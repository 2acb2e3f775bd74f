-- ===== src/Validate/Stages.antt =====
-- The syntactic stage, crates/aa-validate/src/stages.rs, and the rule stage of
-- crates/aa-core/src/validate_stages.rs. The parser `syn` and the analyzer of crates/aa-lang-rust are
-- parameters. The rule stage takes the evaluator's fuel; `none` is a run out of it.
pub mod Rules
pub mod Syntactic
use prolog_forge.Prelude.{
  ℕ, List, [], ◌∷◌, ◌++◌, map, Option, none, some, Bool, true, false, ◌||◌, ◌==◌, nat_eq, list_eq,
  Str, bytes, Map, Result, ok, err, if◌then◌else◌,
}
use prolog_forge.Graph.Fact.{Fact}
use prolog_forge.Graph.Store.{GraphStore, GraphError, insert, new, facts_of}
use prolog_forge.Rules.Ast.{Rule}
use prolog_forge.Rules.Eval.{EvalStats, EvalError, evaluate}
use prolog_forge.Csm.Model.{CsmFragment, AnalyzerError}
use prolog_forge.Csm.Lower.{lower}
use prolog_forge.Validate.Stage.{
  ValidationContext, Severity, Message, Diagnostic, StageReport, ValidationStage, passed,
  with_errors,
}

-- `str::ends_with`.
unfoldable pub ends_with : Str → Str → Bool
ends_with [] suffix = suffix == []
ends_with (c ∷ cs) suffix = c ∷ cs == suffix || ends_with cs suffix

abbrev pub an_error : Option Str → Message → Diagnostic
an_error file message = record { severity = Severity.error; file = file; message = message }

module _ (parse_file : Str → Option Str) where
  parse_error : Str → Option Str → List Diagnostic → List Diagnostic
  parse_error path none rest = rest
  parse_error path (some e) rest = an_error (some path) (Message.syn_parse_error e) ∷ rest

  unfoldable pub syntactic_errors : Map Str Str → List Diagnostic
  unfolding parse_error
  syntactic_errors [] = []
  syntactic_errors ((path, content) ∷ files) =
      let rest = syntactic_errors files in
      if ends_with path (bytes ".rs") then parse_error path (parse_file content) rest else rest

  -- `parse_file` gives the parser's error, if any.
  unfoldable pub syntactic_stage : ValidationStage
  unfolding syntactic_errors
  syntactic_stage = record {
    name = bytes "syntactic";
    validate = λ ctx. with_errors (bytes "syntactic") (syntactic_errors ctx.shadow_files);
  }

insert_error : Str → Result GraphError Bool → List Diagnostic → List Diagnostic
insert_error path (ok fresh) diags = diags
insert_error path (err e) diags = diags ++ an_error (some path) (Message.graph_insert e) ∷ []

-- The loop over the facts of a file.
unfoldable pub insert_facts :
    Str → List Fact → GraphStore × List Diagnostic → GraphStore × List Diagnostic
unfolding insert_error
insert_facts path [] (graph, diags) = (graph, diags)
insert_facts path (f ∷ fs) (graph, diags) =
    let (r, graph') = insert f graph in insert_facts path fs (graph', insert_error path r diags)

insert_fragment :
    Str
    → Result AnalyzerError CsmFragment
    → GraphStore × List Diagnostic
    → GraphStore × List Diagnostic
unfolding insert_facts
insert_fragment path (ok frag) loaded = insert_facts path (lower frag) loaded
insert_fragment path (err e) (graph, diags) =
    (graph, diags ++ an_error (some path) (Message.shadow_analyze e.message) ∷ [])

abbrev pub violation_predicate : Str
violation_predicate = bytes "violation"

abbrev pub violations : List Fact → List Diagnostic
violations fs = map (λ f. an_error none (Message.violation f.args)) fs

rules_name : Str
rules_name = bytes "rules"

finish_rules :
    List Diagnostic → Option (Result EvalError EvalStats × GraphStore) → Option StageReport
unfolding rules_name
finish_rules diags none = none
finish_rules diags (some (err e, graph)) =
    some (with_errors rules_name (diags ++ an_error none (Message.rule_engine e) ∷ []))
finish_rules diags (some (ok stats, graph)) =
    some (with_errors rules_name (diags ++ violations (facts_of graph violation_predicate)))

module _ (analyze : Str → Str → Result AnalyzerError CsmFragment) where
  unfoldable pub load_files :
      Map Str Str → GraphStore × List Diagnostic → GraphStore × List Diagnostic
  unfolding insert_fragment ends_with
  load_files [] loaded = loaded
  load_files ((path, src) ∷ files) loaded = load_files files (
      if ends_with path (bytes ".rs")
      then insert_fragment path (analyze src path) loaded
      else loaded)

  -- The graph of the shadow files, and the errors met.
  unfoldable pub load : ValidationContext → GraphStore × List Diagnostic
  unfolding load_files
  load ctx = load_files ctx.shadow_files (new, [])

  unfoldable pub rule_validate : ℕ → List Rule → ValidationContext → Option StageReport
  unfolding finish_rules load rules_name
  rule_validate fuel [] ctx = some (passed rules_name)
  rule_validate fuel (rule ∷ rules) ctx =
      let (graph, diags) = load ctx in finish_rules diags (evaluate fuel (rule ∷ rules) graph)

● ● ● ●

> _PROBLEM STATEMENT_:
Beginning with the first line of the listing above, please write out every line exactly until you reach the line that contains "-- crates/aa-core/src/validate_stages.rs. The", and include that one too.

> _RESULT OF THE TASK_:
repository 2acb2e3f775bd74f
-- ===== src/Validate/Stages.antt =====
-- The syntactic stage, crates/aa-validate/src/stages.rs, and the rule stage of
-- crates/aa-core/src/validate_stages.rs. The parser `syn` and the analyzer of crates/aa-lang-rust are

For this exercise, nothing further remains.